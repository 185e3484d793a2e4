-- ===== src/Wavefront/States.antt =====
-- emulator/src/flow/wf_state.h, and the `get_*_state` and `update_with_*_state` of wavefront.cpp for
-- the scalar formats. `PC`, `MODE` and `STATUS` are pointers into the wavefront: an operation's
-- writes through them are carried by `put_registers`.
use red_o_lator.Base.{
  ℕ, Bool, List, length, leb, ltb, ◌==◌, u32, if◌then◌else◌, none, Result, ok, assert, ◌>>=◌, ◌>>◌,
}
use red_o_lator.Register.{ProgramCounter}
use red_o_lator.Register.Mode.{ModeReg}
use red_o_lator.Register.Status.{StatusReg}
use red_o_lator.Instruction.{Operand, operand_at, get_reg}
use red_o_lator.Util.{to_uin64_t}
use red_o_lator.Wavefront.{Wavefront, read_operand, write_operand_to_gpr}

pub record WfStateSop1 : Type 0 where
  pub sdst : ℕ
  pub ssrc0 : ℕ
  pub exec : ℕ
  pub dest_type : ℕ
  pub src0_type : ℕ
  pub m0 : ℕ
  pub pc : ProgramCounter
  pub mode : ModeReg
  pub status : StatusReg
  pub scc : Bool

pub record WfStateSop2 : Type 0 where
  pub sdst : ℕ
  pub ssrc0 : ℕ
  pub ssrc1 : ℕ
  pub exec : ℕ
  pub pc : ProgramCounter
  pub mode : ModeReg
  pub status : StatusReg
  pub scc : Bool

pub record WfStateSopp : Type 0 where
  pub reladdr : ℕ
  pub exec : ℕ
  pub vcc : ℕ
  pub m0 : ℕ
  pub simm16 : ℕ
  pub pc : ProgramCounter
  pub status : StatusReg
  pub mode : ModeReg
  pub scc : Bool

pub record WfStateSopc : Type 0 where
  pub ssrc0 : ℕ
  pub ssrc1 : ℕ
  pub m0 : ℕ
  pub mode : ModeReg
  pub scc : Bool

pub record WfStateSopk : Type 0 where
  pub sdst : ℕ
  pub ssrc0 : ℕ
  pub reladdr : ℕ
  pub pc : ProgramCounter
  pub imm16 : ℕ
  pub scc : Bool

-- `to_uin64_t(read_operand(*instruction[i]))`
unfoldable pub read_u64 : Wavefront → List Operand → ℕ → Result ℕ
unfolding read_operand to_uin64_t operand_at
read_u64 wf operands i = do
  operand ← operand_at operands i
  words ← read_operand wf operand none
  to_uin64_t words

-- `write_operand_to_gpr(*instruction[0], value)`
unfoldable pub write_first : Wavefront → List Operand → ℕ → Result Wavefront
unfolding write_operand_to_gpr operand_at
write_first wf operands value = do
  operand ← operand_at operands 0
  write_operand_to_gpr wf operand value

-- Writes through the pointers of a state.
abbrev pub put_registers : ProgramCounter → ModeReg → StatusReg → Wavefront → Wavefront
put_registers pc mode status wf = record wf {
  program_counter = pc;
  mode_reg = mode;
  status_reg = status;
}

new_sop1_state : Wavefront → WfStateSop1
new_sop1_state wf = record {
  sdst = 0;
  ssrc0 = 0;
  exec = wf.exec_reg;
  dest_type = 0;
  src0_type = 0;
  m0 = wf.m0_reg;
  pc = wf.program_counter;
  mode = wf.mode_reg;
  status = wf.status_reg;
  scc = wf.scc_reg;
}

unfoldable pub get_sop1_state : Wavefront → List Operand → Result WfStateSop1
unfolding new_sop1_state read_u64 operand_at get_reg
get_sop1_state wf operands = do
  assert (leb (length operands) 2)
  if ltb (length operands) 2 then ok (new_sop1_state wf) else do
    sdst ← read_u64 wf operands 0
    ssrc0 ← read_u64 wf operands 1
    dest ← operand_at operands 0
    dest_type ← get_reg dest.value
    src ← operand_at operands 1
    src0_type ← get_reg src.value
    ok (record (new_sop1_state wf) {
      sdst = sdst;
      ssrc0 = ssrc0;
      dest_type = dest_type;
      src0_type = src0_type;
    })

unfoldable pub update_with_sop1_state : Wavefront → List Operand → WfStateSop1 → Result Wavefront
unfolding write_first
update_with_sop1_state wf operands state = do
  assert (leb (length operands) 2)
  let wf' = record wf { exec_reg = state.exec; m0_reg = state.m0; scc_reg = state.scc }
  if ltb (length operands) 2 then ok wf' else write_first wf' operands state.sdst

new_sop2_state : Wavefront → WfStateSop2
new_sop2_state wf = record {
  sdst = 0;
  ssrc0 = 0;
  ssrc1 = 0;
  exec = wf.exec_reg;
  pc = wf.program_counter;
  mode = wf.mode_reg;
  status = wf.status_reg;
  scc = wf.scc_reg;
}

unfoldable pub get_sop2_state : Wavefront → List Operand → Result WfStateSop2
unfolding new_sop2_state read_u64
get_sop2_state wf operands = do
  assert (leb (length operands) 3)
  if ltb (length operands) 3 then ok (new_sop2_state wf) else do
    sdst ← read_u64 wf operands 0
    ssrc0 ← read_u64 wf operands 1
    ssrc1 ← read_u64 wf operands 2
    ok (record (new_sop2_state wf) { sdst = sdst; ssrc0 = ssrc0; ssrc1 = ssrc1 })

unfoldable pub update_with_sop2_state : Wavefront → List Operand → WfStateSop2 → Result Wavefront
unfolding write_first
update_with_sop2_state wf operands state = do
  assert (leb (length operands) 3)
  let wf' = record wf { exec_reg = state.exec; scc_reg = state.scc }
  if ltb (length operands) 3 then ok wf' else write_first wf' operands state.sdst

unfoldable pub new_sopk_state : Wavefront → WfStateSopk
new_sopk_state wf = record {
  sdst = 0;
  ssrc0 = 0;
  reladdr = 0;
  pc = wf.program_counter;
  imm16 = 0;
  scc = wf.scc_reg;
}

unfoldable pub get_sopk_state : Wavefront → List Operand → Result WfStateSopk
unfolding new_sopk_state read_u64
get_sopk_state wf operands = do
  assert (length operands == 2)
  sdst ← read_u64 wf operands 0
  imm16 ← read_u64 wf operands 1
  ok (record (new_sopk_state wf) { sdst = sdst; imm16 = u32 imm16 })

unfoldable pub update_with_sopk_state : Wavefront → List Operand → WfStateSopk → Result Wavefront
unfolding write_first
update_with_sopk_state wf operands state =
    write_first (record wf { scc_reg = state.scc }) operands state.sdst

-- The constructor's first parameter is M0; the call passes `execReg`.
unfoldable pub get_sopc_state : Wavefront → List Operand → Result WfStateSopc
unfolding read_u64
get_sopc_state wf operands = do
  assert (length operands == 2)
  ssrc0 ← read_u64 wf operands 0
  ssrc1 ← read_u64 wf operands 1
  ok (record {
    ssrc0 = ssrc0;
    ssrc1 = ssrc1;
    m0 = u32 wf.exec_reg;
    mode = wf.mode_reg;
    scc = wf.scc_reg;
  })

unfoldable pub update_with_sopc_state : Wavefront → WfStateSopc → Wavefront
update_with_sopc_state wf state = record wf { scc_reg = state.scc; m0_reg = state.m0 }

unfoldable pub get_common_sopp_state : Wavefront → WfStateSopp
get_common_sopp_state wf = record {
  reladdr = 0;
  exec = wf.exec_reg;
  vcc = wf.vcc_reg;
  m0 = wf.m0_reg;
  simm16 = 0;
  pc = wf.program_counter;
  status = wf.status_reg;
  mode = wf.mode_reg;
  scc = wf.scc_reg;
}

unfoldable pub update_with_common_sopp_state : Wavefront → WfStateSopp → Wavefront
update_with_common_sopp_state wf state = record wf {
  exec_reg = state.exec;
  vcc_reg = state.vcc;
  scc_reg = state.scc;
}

# # # # # # #

◆ Action item
Write the entries above out again, unchanged and complete.

◆ Result
repository 185e3484d793a2e4
-- ===== src/Wavefront/States.antt =====
-- emulator/src/flow/wf_state.h, and the `get_*_state` and `update_with_*_state` of wavefront.cpp for
-- the scalar formats. `PC`, `MODE` and `STATUS` are pointers into the wavefront: an operation's
-- writes through them are carried by `put_registers`.
use red_o_lator.Base.{
  ℕ, Bool, List, length, leb, ltb, ◌==◌, u32, if◌then◌else◌, none, Result, ok, assert, ◌>>=◌, ◌>>◌,
}
use red_o_lator.Register.{ProgramCounter}
use red_o_lator.Register.Mode.{ModeReg}
use red_o_lator.Register.Status.{StatusReg}
use red_o_lator.Instruction.{Operand, operand_at, get_reg}
use red_o_lator.Util.{to_uin64_t}
use red_o_lator.Wavefront.{Wavefront, read_operand, write_operand_to_gpr}

pub record WfStateSop1 : Type 0 where
  pub sdst : ℕ
  pub ssrc0 : ℕ
  pub exec : ℕ
  pub dest_type : ℕ
  pub src0_type : ℕ
  pub m0 : ℕ
  pub pc : ProgramCounter
  pub mode : ModeReg
  pub status : StatusReg
  pub scc : Bool

pub record WfStateSop2 : Type 0 where
  pub sdst : ℕ
  pub ssrc0 : ℕ
  pub ssrc1 : ℕ
  pub exec : ℕ
  pub pc : ProgramCounter
  pub mode : ModeReg
  pub status : StatusReg
  pub scc : Bool

pub record WfStateSopp : Type 0 where
  pub reladdr : ℕ
  pub exec : ℕ
  pub vcc : ℕ
  pub m0 : ℕ
  pub simm16 : ℕ
  pub pc : ProgramCounter
  pub status : StatusReg
  pub mode : ModeReg
  pub scc : Bool

pub record WfStateSopc : Type 0 where
  pub ssrc0 : ℕ
  pub ssrc1 : ℕ
  pub m0 : ℕ
  pub mode : ModeReg
  pub scc : Bool

pub record WfStateSopk : Type 0 where
  pub sdst : ℕ
  pub ssrc0 : ℕ
  pub reladdr : ℕ
  pub pc : ProgramCounter
  pub imm16 : ℕ
  pub scc : Bool

-- `to_uin64_t(read_operand(*instruction[i]))`
unfoldable pub read_u64 : Wavefront → List Operand → ℕ → Result ℕ
unfolding read_operand to_uin64_t operand_at
read_u64 wf operands i = do
  operand ← operand_at operands i
  words ← read_operand wf operand none
  to_uin64_t words

-- `write_operand_to_gpr(*instruction[0], value)`
unfoldable pub write_first : Wavefront → List Operand → ℕ → Result Wavefront
unfolding write_operand_to_gpr operand_at
write_first wf operands value = do
  operand ← operand_at operands 0
  write_operand_to_gpr wf operand value

-- Writes through the pointers of a state.
abbrev pub put_registers : ProgramCounter → ModeReg → StatusReg → Wavefront → Wavefront
put_registers pc mode status wf = record wf {
  program_counter = pc;
  mode_reg = mode;
  status_reg = status;
}

new_sop1_state : Wavefront → WfStateSop1
new_sop1_state wf = record {
  sdst = 0;
  ssrc0 = 0;
  exec = wf.exec_reg;
  dest_type = 0;
  src0_type = 0;
  m0 = wf.m0_reg;
  pc = wf.program_counter;
  mode = wf.mode_reg;
  status = wf.status_reg;
  scc = wf.scc_reg;
}

unfoldable pub get_sop1_state : Wavefront → List Operand → Result WfStateSop1
unfolding new_sop1_state read_u64 operand_at get_reg
get_sop1_state wf operands = do
  assert (leb (length operands) 2)
  if ltb (length operands) 2 then ok (new_sop1_state wf) else do
    sdst ← read_u64 wf operands 0
    ssrc0 ← read_u64 wf operands 1
    dest ← operand_at operands 0
    dest_type ← get_reg dest.value
    src ← operand_at operands 1
    src0_type ← get_reg src.value
    ok (record (new_sop1_state wf) {
      sdst = sdst;
      ssrc0 = ssrc0;
      dest_type = dest_type;
      src0_type = src0_type;
    })

unfoldable pub update_with_sop1_state : Wavefront → List Operand → WfStateSop1 → Result Wavefront
unfolding write_first
update_with_sop1_state wf operands state = do
  assert (leb (length operands) 2)
  let wf' = record wf { exec_reg = state.exec; m0_reg = state.m0; scc_reg = state.scc }
  if ltb (length operands) 2 then ok wf' else write_first wf' operands state.sdst

new_sop2_state : Wavefront → WfStateSop2
new_sop2_state wf = record {
  sdst = 0;
  ssrc0 = 0;
  ssrc1 = 0;
  exec = wf.exec_reg;
  pc = wf.program_counter;
  mode = wf.mode_reg;
  status = wf.status_reg;
  scc = wf.scc_reg;
}

unfoldable pub get_sop2_state : Wavefront → List Operand → Result WfStateSop2
unfolding new_sop2_state read_u64
get_sop2_state wf operands = do
  assert (leb (length operands) 3)
  if ltb (length operands) 3 then ok (new_sop2_state wf) else do
    sdst ← read_u64 wf operands 0
    ssrc0 ← read_u64 wf operands 1
    ssrc1 ← read_u64 wf operands 2
    ok (record (new_sop2_state wf) { sdst = sdst; ssrc0 = ssrc0; ssrc1 = ssrc1 })

unfoldable pub update_with_sop2_state : Wavefront → List Operand → WfStateSop2 → Result Wavefront
unfolding write_first
update_with_sop2_state wf operands state = do
  assert (leb (length operands) 3)
  let wf' = record wf { exec_reg = state.exec; scc_reg = state.scc }
  if ltb (length operands) 3 then ok wf' else write_first wf' operands state.sdst

unfoldable pub new_sopk_state : Wavefront → WfStateSopk
new_sopk_state wf = record {
  sdst = 0;
  ssrc0 = 0;
  reladdr = 0;
  pc = wf.program_counter;
  imm16 = 0;
  scc = wf.scc_reg;
}

unfoldable pub get_sopk_state : Wavefront → List Operand → Result WfStateSopk
unfolding new_sopk_state read_u64
get_sopk_state wf operands = do
  assert (length operands == 2)
  sdst ← read_u64 wf operands 0
  imm16 ← read_u64 wf operands 1
  ok (record (new_sopk_state wf) { sdst = sdst; imm16 = u32 imm16 })

unfoldable pub update_with_sopk_state : Wavefront → List Operand → WfStateSopk → Result Wavefront
unfolding write_first
update_with_sopk_state wf operands state =
    write_first (record wf { scc_reg = state.scc }) operands state.sdst

-- The constructor's first parameter is M0; the call passes `execReg`.
unfoldable pub get_sopc_state : Wavefront → List Operand → Result WfStateSopc
unfolding read_u64
get_sopc_state wf operands = do
  assert (length operands == 2)
  ssrc0 ← read_u64 wf operands 0
  ssrc1 ← read_u64 wf operands 1
  ok (record {
    ssrc0 = ssrc0;
    ssrc1 = ssrc1;
    m0 = u32 wf.exec_reg;
    mode = wf.mode_reg;
    scc = wf.scc_reg;
  })

unfoldable pub update_with_sopc_state : Wavefront → WfStateSopc → Wavefront
update_with_sopc_state wf state = record wf { scc_reg = state.scc; m0_reg = state.m0 }

unfoldable pub get_common_sopp_state : Wavefront → WfStateSopp
get_common_sopp_state wf = record {
  reladdr = 0;
  exec = wf.exec_reg;
  vcc = wf.vcc_reg;
  m0 = wf.m0_reg;
  simm16 = 0;
  pc = wf.program_counter;
  status = wf.status_reg;
  mode = wf.mode_reg;
  scc = wf.scc_reg;
}

unfoldable pub update_with_common_sopp_state : Wavefront → WfStateSopp → Wavefront
update_with_common_sopp_state wf state = record wf {
  exec_reg = state.exec;
  vcc_reg = state.vcc;
  scc_reg = state.scc;
}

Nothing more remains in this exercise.